On 22 August 1922 Michael Collins was shot dead at Béal na Bláth, an isolated crossroads, as his military convoy returned through West Cork. The men who killed him were volunteers of the Irish Republican Army, which Collins himself had led only a year before against the forces of the British crown.

Almost instantly a battle would emerge over what Collins stood for, what he represented and what he was trying to achieve.

For many he was the “man who won the war,” effective head of the IRA during the independence fight. For others he had betrayed their hopes of creating an all-Ireland Irish Republic.

For Marxists he was one of the first in a chain of leaders of national liberation struggles who fought colonialism but when they achieved their own state made peace with imperialism and imposed “order”, suppressing many former comrades who believed they had been fighting for far greater freedom.

For Marxists Collins was one of the first in a chain of leaders of national liberation struggles who fought colonialism, only to turn on his fellow revolutionaries in a bid to establish a new ‘order’ acceptable to imperialism.

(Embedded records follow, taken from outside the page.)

-- ===== src/Runtime/Bytecode.antt =====
-- The interpreter loop of src/runtime/bytecode.c.
use openyanase_kernel.Base.{
  ℕ, zero, suc, ◌*◌, ◌^◌, Bool, not, ◌||◌, Option, none, some, ltb, leb, ◌==◌, if◌then◌else◌,
  bit_and, bit_or, add32, sub32, u16,
}
use Prim.Native.Nat.{bit_xor}
use openyanase_kernel.Runtime.Word.{
  sign8, sign16, negate, less, mul32, quotient, remainder, shift_left, shift_right,
}
use openyanase_kernel.Runtime.Machine.{
  Vm, CpEntry, Program, utf8, integer, class_ref, method_ref, name_and_type, push, pop, load, store,
  skip, ◌>>=◌,
}
use openyanase_kernel.Runtime.Native.{handle_native_call}

-- `U16` and `I16`
abbrev pub u16_at : (ℕ → ℕ) → ℕ → ℕ
u16_at code pc = u16 (bit_or (code pc * 2 ^ 8) (code (add32 pc 1)))

abbrev pub i16 : (ℕ → ℕ) → ℕ → ℕ
i16 code pc = sign16 (u16_at code pc)

-- `ldc`: only an integer constant is loaded.
unfoldable pub constant_at : Program → ℕ → ℕ
constant_at p index =
    if ltb index p.cp_count then elim (p.cp index) [ integer v ↦ v | _ ↦ 0 ] else 0

unfoldable pub store_top : ℕ → Vm → Option Vm
store_top i s = do (v, s1) ← pop s; store i v s1

unfoldable pub binary : (ℕ → ℕ → Option ℕ) → Vm → Option Vm
binary f s = do (b, s1) ← pop s; (a, s2) ← pop s1; v ← f a b; push v s2

-- `iinc`
unfoldable pub increment : Program → ℕ → Vm → Option Vm
increment p pc s = do
  v ← load (p.code pc) s
  store (p.code pc) (add32 v (sign8 (p.code (add32 pc 1)))) (skip 2 s)

-- `pc += 2; pc += off - 3`, with the offset at `pc`.
unfoldable pub jump : Program → ℕ → Vm → Vm
jump p pc s = skip (sub32 (i16 p.code pc) 3) (skip 2 s)

unfoldable pub jump_if : Program → ℕ → (ℕ → Bool) → Vm → Option Vm
unfolding jump
jump_if p pc test s = do (a, s1) ← pop s; some (if test a then jump p pc s1 else skip 2 s1)

unfoldable pub jump_if_icmp : Program → ℕ → (ℕ → ℕ → Bool) → Vm → Option Vm
unfolding jump
jump_if_icmp p pc test s = do
  (b, s1) ← pop s
  (a, s2) ← pop s1
  some (if test a b then jump p pc s2 else skip 2 s2)

-- `cp[i].utf8.bytes`, which is a pointer only if the entry is a string.
unfoldable pub utf8_bytes : CpEntry → Option (ℕ → ℕ)
utf8_bytes (utf8 bytes length) = some bytes
utf8_bytes _ = none

-- The call of a method by its reference, where the tags are as they should be.
unfoldable pub resolve : Program → CpEntry → Vm → Option Vm
resolve p (method_ref class_i nat_i) s = elim (p.cp class_i) [
  | class_ref index ↦ elim (p.cp nat_i) [
    | name_and_type name_i desc_i ↦ do
      class_name ← utf8_bytes (p.cp index)
      method_name ← utf8_bytes (p.cp name_i)
      descriptor ← utf8_bytes (p.cp desc_i)
      handle_native_call p class_name method_name descriptor s
    | _ ↦ some s
  ]
  | _ ↦ some s
]
resolve p _ s = some s

unfoldable pub invoke_static : Program → ℕ → Vm → Option Vm
invoke_static p pc s =
    let index = u16_at p.code pc in
    if leb p.cp_count index then some (skip 2 s) else resolve p (p.cp index) (skip 2 s)

-- The switch, but for the returns: `s1` is the state after the opcode has been read, and `pc` the
-- address behind the opcode.
unfoldable pub execute : Program → ℕ → ℕ → Vm → Option Vm
execute p op pc s1 =
    if op == 0x00
    then some s1
    else if op == 0x01
    then push 0 s1
    else if op == 0x02
    then push 0xFFFF_FFFF s1
    else if op == 0x03
    then push 0 s1
    else if op == 0x04
    then push 1 s1
    else if op == 0x05
    then push 2 s1
    else if op == 0x06
    then push 3 s1
    else if op == 0x07
    then push 4 s1
    else if op == 0x08
    then push 5 s1
    else if op == 0x10
    then push (sign8 (p.code pc)) (skip 1 s1)
    else if op == 0x11
    then (do s2 ← push (i16 p.code pc) s1; some (skip 2 s2))
    else if op == 0x12
    then push (constant_at p (p.code pc)) (skip 1 s1)
    else if op == 0x1A
    then push (s1.locals 0) s1
    else if op == 0x1B
    then push (s1.locals 1) s1
    else if op == 0x1C
    then push (s1.locals 2) s1
    else if op == 0x1D
    then push (s1.locals 3) s1
    else if op == 0x15
    then (do v ← load (p.code pc) s1; push v (skip 1 s1))
    else if op == 0x3B
    then store_top 0 s1
    else if op == 0x3C
    then store_top 1 s1
    else if op == 0x3D
    then store_top 2 s1
    else if op == 0x3E
    then store_top 3 s1
    else if op == 0x36
    then store_top (p.code pc) (skip 1 s1)
    else if op == 0x57
    then (do (v, s2) ← pop s1; some s2)
    else if op == 0x59
    then (do (v, s2) ← pop s1; push v s1)
    else if op == 0x60
    then binary (λ a b. some (add32 a b)) s1
    else if op == 0x64
    then binary (λ a b. some (sub32 a b)) s1
    else if op == 0x68
    then binary (λ a b. some (mul32 a b)) s1
    else if op == 0x6C
    then binary quotient s1
    else if op == 0x70
    then binary remainder s1
    else if op == 0x74
    then (do (v, s2) ← pop s1; push (negate v) s2)
    else if op == 0x78
    then binary shift_left s1
    else if op == 0x7A
    then binary shift_right s1
    else if op == 0x80
    then binary (λ a b. some (bit_or a b)) s1
    else if op == 0x7E
    then binary (λ a b. some (bit_and a b)) s1
    else if op == 0x82
    then binary (λ a b. some (bit_xor a b)) s1
    else if op == 0x84
    then increment p pc s1
    else if op == 0x99
    then jump_if p pc (λ a. a == 0) s1
    else if op == 0x9A
    then jump_if p pc (λ a. not (a == 0)) s1
    else if op == 0x9B
    then jump_if p pc (λ a. less a 0) s1
    else if op == 0x9C
    then jump_if p pc (λ a. not (less a 0)) s1
    else if op == 0x9D
    then jump_if p pc (λ a. less 0 a) s1
    else if op == 0x9E
    then jump_if p pc (λ a. not (less 0 a)) s1
    else if op == 0x9F
    then jump_if_icmp p pc (λ a b. a == b) s1
    else if op == 0xA0
    then jump_if_icmp p pc (λ a b. not (a == b)) s1
    else if op == 0xA1
    then jump_if_icmp p pc (λ a b. less a b) s1
    else if op == 0xA2
    then jump_if_icmp p pc (λ a b. not (less a b)) s1
    else if op == 0xA3
    then jump_if_icmp p pc (λ a b. less b a) s1
    else if op == 0xA4
    then jump_if_icmp p pc (λ a b. not (less b a)) s1
    else if op == 0xA7
    then some (jump p pc s1)
    else if op == 0xB8
    then invoke_static p pc s1
    else if op == 0xB6
    then some (skip 2 s1)
    else if op == 0xB7
    then some (skip 2 s1)
    else if op == 0xB2
    then push 0 (skip 2 s1)
    else if op == 0xB3
    then (do (v, s2) ← pop (skip 2 s1); some s2)
    else some s1

-- `running` is no result of the program: the fuel ran out. `undefined` is what C leaves undefined.
pub data Run : Type 0 where
  finished : Vm → Run
  undefined running : Run

unfoldable pub is_return : ℕ → Bool
is_return op = op == 0xAC || op == 0xB1

-- The opcode at `pc` is read, and the switch is done.
unfoldable pub step : Program → Vm → Option Vm
step p s = execute p (p.code s.pc) (add32 s.pc 1) (skip 1 s)

unfoldable pub run : ℕ → Program → Vm → Run
run zero p s = running
run (suc fuel) p s =
    let next : Run = elim (step p s) [ none ↦ undefined | some s' ↦ run fuel p s' ] in
    if ltb s.pc p.length
    then (if is_return (p.code s.pc) then finished (skip 1 s) else next)
    else finished s

unfoldable pub execute_bytecode : ℕ → Program → Vm → Run
unfolding run
execute_bytecode fuel p s = run fuel p (record s { pc = 0; depth = 0 })
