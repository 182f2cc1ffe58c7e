-- ===== src/Jar/Pool.antt =====
-- `parse_constant_pool` of src/runtime/jar.c: the constants of a class file.
use openyanase_kernel.Base.{
  ℕ, zero, suc, ◌+◌, ◌*◌, ◌^◌, ◌||◌, Option, none, some, ltb, ◌==◌, if◌then◌else◌, update, bit_or,
  u16, add32,
}
use openyanase_kernel.Initrd.{Memory, at}
use openyanase_kernel.Runtime.Machine.{
  CpEntry, utf8, integer, class_ref, string_ref, method_ref, name_and_type, other,
}

-- Big-endian words.
abbrev pub be16 : Memory → ℕ → ℕ
be16 m a = bit_or (m a * 2 ^ 8) (m (a + 1))

abbrev pub be32 : Memory → ℕ → ℕ
be32 m a =
    bit_or (bit_or (bit_or (m a * 2 ^ 24) (m (a + 1) * 2 ^ 16)) (m (a + 2) * 2 ^ 8)) (m (a + 3))

-- What the `switch` makes of the constant whose tag has been read: how far it goes, how many places
-- of the pool it takes, and the entry. Nothing reads the members of the entries that are kept as
-- `other`. `none` is an unknown tag.
pub record Parsed : Type 0 where
  pub off : ℕ
  pub places : ℕ
  pub entry : CpEntry

unfoldable pub parse_entry : Memory → ℕ → ℕ → Option Parsed
parse_entry m tag off =
    if tag == 1
    then some (record {
      off = add32 (add32 off 2) (be16 m off);
      places = 1;
      entry = utf8 (at m (add32 off 2)) (be16 m off);
    })
    else if tag == 3
    then some (record { off = add32 off 4; places = 1; entry = integer (be32 m off) })
    else if tag == 4
    then some (record { off = add32 off 4; places = 1; entry = other tag })
    else if tag == 5 || tag == 6
    then some (record { off = add32 off 8; places = 2; entry = other tag })
    else if tag == 7
    then some (record { off = add32 off 2; places = 1; entry = class_ref (be16 m off) })
    else if tag == 8
    then some (record { off = add32 off 2; places = 1; entry = string_ref (be16 m off) })
    else if tag == 10
    then some (record {
      off = add32 off 4;
      places = 1;
      entry = method_ref (be16 m off) (be16 m (add32 off 2));
    })
    else if tag == 9 || tag == 11
    then some (record { off = add32 off 4; places = 1; entry = other tag })
    else if tag == 12
    then some (record {
      off = add32 off 4;
      places = 1;
      entry = name_and_type (be16 m off) (be16 m (add32 off 2));
    })
    else none

-- The loop from the place `i` on, with fuel: `none` means that the fuel ran out. At an unknown tag it
-- ends behind the tag.
unfoldable pub pool_loop : ℕ → Memory → ℕ → ℕ → ℕ → (ℕ → CpEntry) → Option (ℕ × (ℕ → CpEntry))
pool_loop zero m count i off cp = none
pool_loop (suc fuel) m count i off cp =
    let tag = m off in
    let next : Option (ℕ × (ℕ → CpEntry)) = elim (parse_entry m tag (add32 off 1)) [
      | none ↦ some (add32 off 1, update cp i (other tag))
      | some r ↦ pool_loop fuel m count (u16 (i + r.places)) r.off (update cp i r.entry)
    ] in
    if ltb i count then next else some (off, cp)

unfoldable pub parse_constant_pool : ℕ → Memory → ℕ → (ℕ → CpEntry) → Option (ℕ × (ℕ → CpEntry))
unfolding pool_loop
parse_constant_pool fuel m count cp = pool_loop fuel m count 1 0 cp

In course of time Collins would become the symbolic figure of Fine Gael, the party which would emerge from those who championed the July 1922 Anglo-Irish Treaty which created today’s Irish Republic. But Collins died 11 years before the party was founded. He is a useful figurehead, since his potent image obscures the small fact that Fine Gael was created in 1933 by a merger of the pro-Treaty Cumann na nGaedheal party and the National Guard or Blueshirts, the Irish fascist organisation who three years later would sail in a Nazi ship to fight for Franco in the Spanish Civil War.

Neil Jordan’s 1996 film biopic, with Liam Neeson playing Collins and Alan Rickman (as usual the villain) as arch-rival and President of the self-declared Republic Eamon de Valera, set a tone. It represents the settled portrayal of events: Collins as the man of action directing the Irish Republican Army’s 1919-21 war for independence, beset in the end by jealous dogmatists.

There can be no denying Collins’s importance in the Irish War of Independence and not simply as a military leader. He was Minister of Finance in the illegal Republican government, raising a National Loan of £500,000 from Irish people at home and abroad to finance the political and military parallel structures at the heart of the Irish revolution.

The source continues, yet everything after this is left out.